=== Section Start ===

-- ===== src/Batches/Examples.antt =====
-- The theorems about src/core/generation-batch.ts at a concrete run.
use shan_hai_edu_ppt.Base.{
  arith, ℕ, ◌+◌, ◌≤◌, ◌≡◌, refl, true, false, none, some, [], ◌∷◌, String, List, is_text, length,
  Result, ok, err,
}
use shan_hai_edu_ppt.Contracts.{executing, visual_deck_v4}
use shan_hai_edu_ppt.Contracts.Accounting.{
  text_to_image, StoredGenerationBatch, is_valid_batch, Authorization, Settlement, BatchStatus,
}
use shan_hai_edu_ppt.Contracts.Quality.{supervised}
use shan_hai_edu_ppt.Usage.Enqueue.{Hashes}
use shan_hai_edu_ppt.Base.Int.{pos, int}
use shan_hai_edu_ppt.Policy.{RunPolicyState, reserve_budget}
use shan_hai_edu_ppt.Ports.{
  frameflow_usage_v2, StepRecord, StepStatus, Tool, generate_slide_image, generate_image_batch,
  Output, no_output, batch_output, RunRecord, StoredRun,
}
use shan_hai_edu_ppt.Ports.Repository.{get_step}
use shan_hai_edu_ppt.TerminalAccounting.{parse_batch}
use shan_hai_edu_ppt.Batches.{
  revision_scope, generation_batch_step_key_for, BatchCode, batch_from_steps,
}
use shan_hai_edu_ppt.Batches.Reserve.{Reservation, usage_v2_batch_reservation_id, reserve_usage_v2}
use shan_hai_edu_ppt.Batches.Reserve.Hosted.{not_reserved, reserve_generation_batch}
use shan_hai_edu_ppt.Batches.Finalize.{finalize_usage_v2_generation_batch}
use shan_hai_edu_ppt.Batches.Identity.{
  generation_batch_identity_from_step_key, identity_from_step_key-step_key_for,
}
use shan_hai_edu_ppt.Batches.Refresh.{batch_from_steps-ok}
use shan_hai_edu_ppt.Batches.Refused.{Unreserved, Returned, refusal_returns}

abbrev pub generating : RunRecord
generating = record {
  id = "run-1";
  policy = record {
    status = executing;
    resume_state = none;
    version = 9;
    budget_units = 10;
    committed_budget_units = 1;
    quality_override = false;
    presentation_mode = some visual_deck_v4;
  };
  accounting_protocol = some frameflow_usage_v2;
  slide_count = 2;
  revision_round = 0;
  max_revision_rounds = 2;
  technical_recovery = none;
  pending_terminal_failure = none;
  terminal_accounting = none;
  quality_disposition = none;
  automation_level = supervised;
  quality_override_reason = none;
  quality_override_by = none;
  quality_override_role = none;
  quality_override_issue_ids = [];
  quality_override_at = none;
  quality_policy_audit = none;
  lease_token = none;
  lease_until = none;
  lease_version = 4;
  updated_at = 1000;
}

abbrev pub digest : String
digest = "0123456789abcdef0123456789abcdef0123456789abcdef0123456789abcdef"

abbrev pub two_pages : StoredGenerationBatch
two_pages = record {
  batch_id = "genbatch_0123456789abcdef0123456789abcdef";
  proposal_hash = digest;
  revision_round = 0;
  page_count = 2;
  pages =
      record {
        page_number = 1;
        idempotency_key = "page-1";
        prompt_hash = digest;
        render_strategy = none;
      }
      ∷ record {
        page_number = 2;
        idempotency_key = "page-2";
        prompt_hash = digest;
        render_strategy = none;
      }
      ∷ [];
  accounting = record {
    estimated_units = 6;
    committed_units = 0;
    settled_units = 0;
    released_units = 0;
    reconciliation_units = 0;
    authorization = Authorization.pending;
    settlement = Settlement.not_ready;
  };
  progress = record { submitted = 0; completed = 0; failed = 0 };
  status = BatchStatus.prepared;
  created_at = 0;
  updated_at = 0;
  accounting_model = some "model";
  operation_mode = none;
}

abbrev pub step_of : Tool → String → StepStatus → ℕ → Output → StepRecord
step_of tool key status units output = record {
  id = key;
  run_id = "run-1";
  idempotency_key = key;
  input_hash = "";
  tool = tool;
  status = status;
  budget_units = units;
  budget_reservation_id = none;
  external_operation_id = none;
  error_code = none;
  output = output;
  created_at = 0;
  updated_at = 0;
}

-- One image is there, and one was not charged.
abbrev images : List StepRecord
images =
    step_of generate_slide_image "page-1" StepStatus.completed 3 no_output
    ∷ step_of generate_slide_image "page-2" StepStatus.failed_not_charged 3 no_output
    ∷ []

abbrev before : StoredRun
before = record {
  run = generating;
  steps =
      step_of generate_image_batch "batch" StepStatus.running 6 (batch_output two_pages) ∷ images;
  events = [];
}

-- What the operations give, where they do.
abbrev left_by {ℓ} : {A : Type ℓ} → Result BatchCode (A × StoredRun) → StoredRun
left_by (err e) = before
left_by (ok (a, t)) = t

abbrev after_reserving : StoredRun
after_reserving = left_by (reserve_usage_v2 "batch" true 2000 before)

abbrev after_settling : StoredRun
after_settling = left_by (finalize_usage_v2_generation_batch "batch" true 3000 after_reserving)

abbrev reservation : Reservation
reservation = record {
  batch_id = "genbatch_0123456789abcdef0123456789abcdef";
  reservation_id = usage_v2_batch_reservation_id two_pages;
}

two_pages_valid : is_valid_batch two_pages ≡ true
unfolding is_valid_batch is_text
two_pages_valid = refl

batch_from_steps-ok_example :
    (next : StoredGenerationBatch) × (batch_from_steps two_pages images 4000 ≡ ok next)
    × (is_valid_batch next ≡ true)
    × (next.pages ≡ two_pages.pages)
    × (next.progress.submitted ≤ length two_pages.pages)
    × (next.progress.completed + next.progress.failed ≤ length two_pages.pages)
batch_from_steps-ok_example = batch_from_steps-ok two_pages images 4000 two_pages_valid

round_fits : 12 ≤ 9007199254740991
round_fits = omega arith

identity_from_step_key-step_key_for_example :
    generation_batch_identity_from_step_key "run-1"
      (generation_batch_step_key_for "run-1" 12 revision_scope)
    ≡ some (record { revision_round = 12; scope = revision_scope })
identity_from_step_key-step_key_for_example =
    identity_from_step_key-step_key_for "run-1" 12 revision_scope round_fits

-- A batch whose budget the host reserves.
abbrev hosted_batch : StoredGenerationBatch
hosted_batch = record two_pages { operation_mode = some text_to_image }

abbrev hosted_step : StepRecord
hosted_step = step_of generate_image_batch "batch" StepStatus.running 6 (batch_output hosted_batch)

abbrev hosted : StoredRun
hosted = record {
  run = record generating { accounting_protocol = none };
  steps = hosted_step ∷ images;
  events = [];
}

abbrev hashes : Hashes
hashes = record { input_hash = λ run_id key. digest; step_hash = λ run_id. digest }

hosted-Unreserved : Unreserved "batch" hosted hosted_step hosted_batch
unfolding get_step parse_batch is_valid_batch is_text
hosted-Unreserved = record {
  found = record { there = refl; is_batch = refl; reads = refl };
  is_hosted = refl;
  is_paid = refl;
  unheld = refl;
  alive = refl;
  fresh = refl;
  routed = refl;
}

abbrev hosted_policy : RunPolicyState
hosted_policy = record generating.policy { committed_budget_units = 7; version = 10 }

hosted_allows : reserve_budget generating.policy (int (pos 6)) ≡ ok hosted_policy
unfolding reserve_budget
hosted_allows = refl

refusal_returns_example :
    (u : StoredRun) × (reserve_generation_batch hashes
        (λ b. not_reserved "NO_CREDIT")
        "batch"
        true
        2000
        hosted
      ≡ (ok none, u))
    × Returned "batch" "NO_CREDIT" hosted u
refusal_returns_example =
    refusal_returns hashes "batch" true 2000 "NO_CREDIT" hosted hosted_step hosted_batch
      hosted_policy hosted-Unreserved hosted_allows
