-- ===== src/Batches/Create/Examples.antt =====
-- Making a batch twice, in src/core/generation-batch.ts, at a concrete run.
use shan_hai_edu_ppt.Base.{
  ◌≡◌, refl, Bool, true, false, none, some, [], ◌∷◌, append_text, decimal, take_text, trim,
  text_length, ◌==◌, is_text, String, Result, ok, err,
}
use shan_hai_edu_ppt.Base.Int.{pos, int}
use shan_hai_edu_ppt.Contracts.Accounting.{
  controlled_raster, text_to_image, StoredGenerationBatch, is_valid_batch,
}
use shan_hai_edu_ppt.Ports.{StepStatus, generate_image_batch, batch_output, StoredRun}
use shan_hai_edu_ppt.Ports.Repository.{get_step}
use shan_hai_edu_ppt.TerminalAccounting.{parse_batch}
use shan_hai_edu_ppt.Batches.{initial_scope, generation_batch_step_key_for, BatchCode, read_batch}
use shan_hai_edu_ppt.Batches.Examples.{generating, digest, two_pages, step_of}
use shan_hai_edu_ppt.Batches.Create.{
  Request, HashInput, schema_model, batch_input_hash, legacy_batch_input_hash, is_known_hash,
  batch_id_for, initial_batch, ensure_generation_batch,
}
use shan_hai_edu_ppt.Batches.Create.Again.{ensure_once}

-- Every hash is the same, which the theorem allows.
abbrev constant_hash : HashInput → String
constant_hash input = digest

abbrev two_images : Request
two_images = record {
  run_id = "run-1";
  revision_round = 1;
  scope = initial_scope;
  proposal = digest;
  requirements =
      record {
        page_number = 1;
        idempotency_key = "page-1";
        prompt = "a lake";
        budget_units = none;
        render_strategy = none;
      }
      ∷ record {
        page_number = 2;
        idempotency_key = "page-2";
        prompt = "a hill";
        budget_units = some (int (pos 0));
        render_strategy = some controlled_raster;
      }
      ∷ [];
  unit_budget_units = int (pos 3);
  accounting_model = "model";
  operation_mode = text_to_image;
}

-- A batch that was made before batches named their model and their mode.
abbrev older_batch : StoredGenerationBatch
older_batch = record two_pages { accounting_model = none; operation_mode = none }

abbrev older : StoredRun
older = record {
  run = generating;
  steps =
      record (step_of generate_image_batch "run-1:generation-batch:r1" StepStatus.running 3
        (batch_output older_batch)) { input_hash = digest }
      ∷ [];
  events = [];
}

abbrev upgraded : StoredGenerationBatch
upgraded = record older_batch {
  accounting_model = some "model";
  operation_mode = some text_to_image;
}

abbrev made_by : Result BatchCode (StoredGenerationBatch × StoredRun) → StoredRun
made_by (err e) = older
made_by (ok (b, t)) = t

abbrev after_upgrade : StoredRun
after_upgrade = made_by (ensure_generation_batch constant_hash two_images 2000 older)

older_upgrades :
    ensure_generation_batch constant_hash two_images 2000 older ≡ ok (upgraded, after_upgrade)
unfolding ensure_generation_batch batch_input_hash is_known_hash legacy_batch_input_hash get_step
    generation_batch_step_key_for append_text decimal read_batch parse_batch is_valid_batch is_text
    trim text_length
older_upgrades = refl

model_trimmed : schema_model "model" ≡ ok "model"
unfolding trim text_length
model_trimmed = refl

ensure_once_example :
    ensure_generation_batch constant_hash two_images 5000 after_upgrade
    ≡ ok (upgraded, after_upgrade)
ensure_once_example =
    ensure_once constant_hash two_images 2000 older after_upgrade upgraded model_trimmed
      older_upgrades 5000

-- A run without a batch gets one.
abbrev unmade : StoredRun
unmade = record { run = generating; steps = []; events = [] }

abbrev is_made : Result BatchCode (StoredGenerationBatch × StoredRun) → Bool
is_made (err e) = false
is_made (ok (b, t)) = b.accounting.estimated_units == 3

unmade_made : is_made (ensure_generation_batch constant_hash two_images 2000 unmade) ≡ true
unfolding ensure_generation_batch batch_input_hash get_step initial_batch batch_id_for
    generation_batch_step_key_for append_text decimal take_text is_valid_batch is_text trim
    text_length
unmade_made = refl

=== Section End ===

*WHAT YOU HAVE TO DO:*
Retype only the lines above between the line with "lease_until = none;" and the line with "left_by (ok (a, t)) = t", counting those two lines as well, and keep every character as it is.

*FINISHED TASK:*
  lease_until = none;
  lease_version = 4;
  updated_at = 1000;
}

abbrev pub digest : String
digest = "0123456789abcdef0123456789abcdef0123456789abcdef0123456789abcdef"

abbrev pub two_pages : StoredGenerationBatch
two_pages = record {
  batch_id = "genbatch_0123456789abcdef0123456789abcdef";
  proposal_hash = digest;
  revision_round = 0;
  page_count = 2;
  pages =
      record {
        page_number = 1;
        idempotency_key = "page-1";
        prompt_hash = digest;
        render_strategy = none;
      }
      ∷ record {
        page_number = 2;
        idempotency_key = "page-2";
        prompt_hash = digest;
        render_strategy = none;
      }
      ∷ [];
  accounting = record {
    estimated_units = 6;
    committed_units = 0;
    settled_units = 0;
    released_units = 0;
    reconciliation_units = 0;
    authorization = Authorization.pending;
    settlement = Settlement.not_ready;
  };
  progress = record { submitted = 0; completed = 0; failed = 0 };
  status = BatchStatus.prepared;
  created_at = 0;
  updated_at = 0;
  accounting_model = some "model";
  operation_mode = none;
}

abbrev pub step_of : Tool → String → StepStatus → ℕ → Output → StepRecord
step_of tool key status units output = record {
  id = key;
  run_id = "run-1";
  idempotency_key = key;
  input_hash = "";
  tool = tool;
  status = status;
  budget_units = units;
  budget_reservation_id = none;
  external_operation_id = none;
  error_code = none;
  output = output;
  created_at = 0;
  updated_at = 0;
}

-- One image is there, and one was not charged.
abbrev images : List StepRecord
images =
    step_of generate_slide_image "page-1" StepStatus.completed 3 no_output
    ∷ step_of generate_slide_image "page-2" StepStatus.failed_not_charged 3 no_output
    ∷ []

abbrev before : StoredRun
before = record {
  run = generating;
  steps =
      step_of generate_image_batch "batch" StepStatus.running 6 (batch_output two_pages) ∷ images;
  events = [];
}

-- What the operations give, where they do.
abbrev left_by {ℓ} : {A : Type ℓ} → Result BatchCode (A × StoredRun) → StoredRun
left_by (err e) = before
left_by (ok (a, t)) = t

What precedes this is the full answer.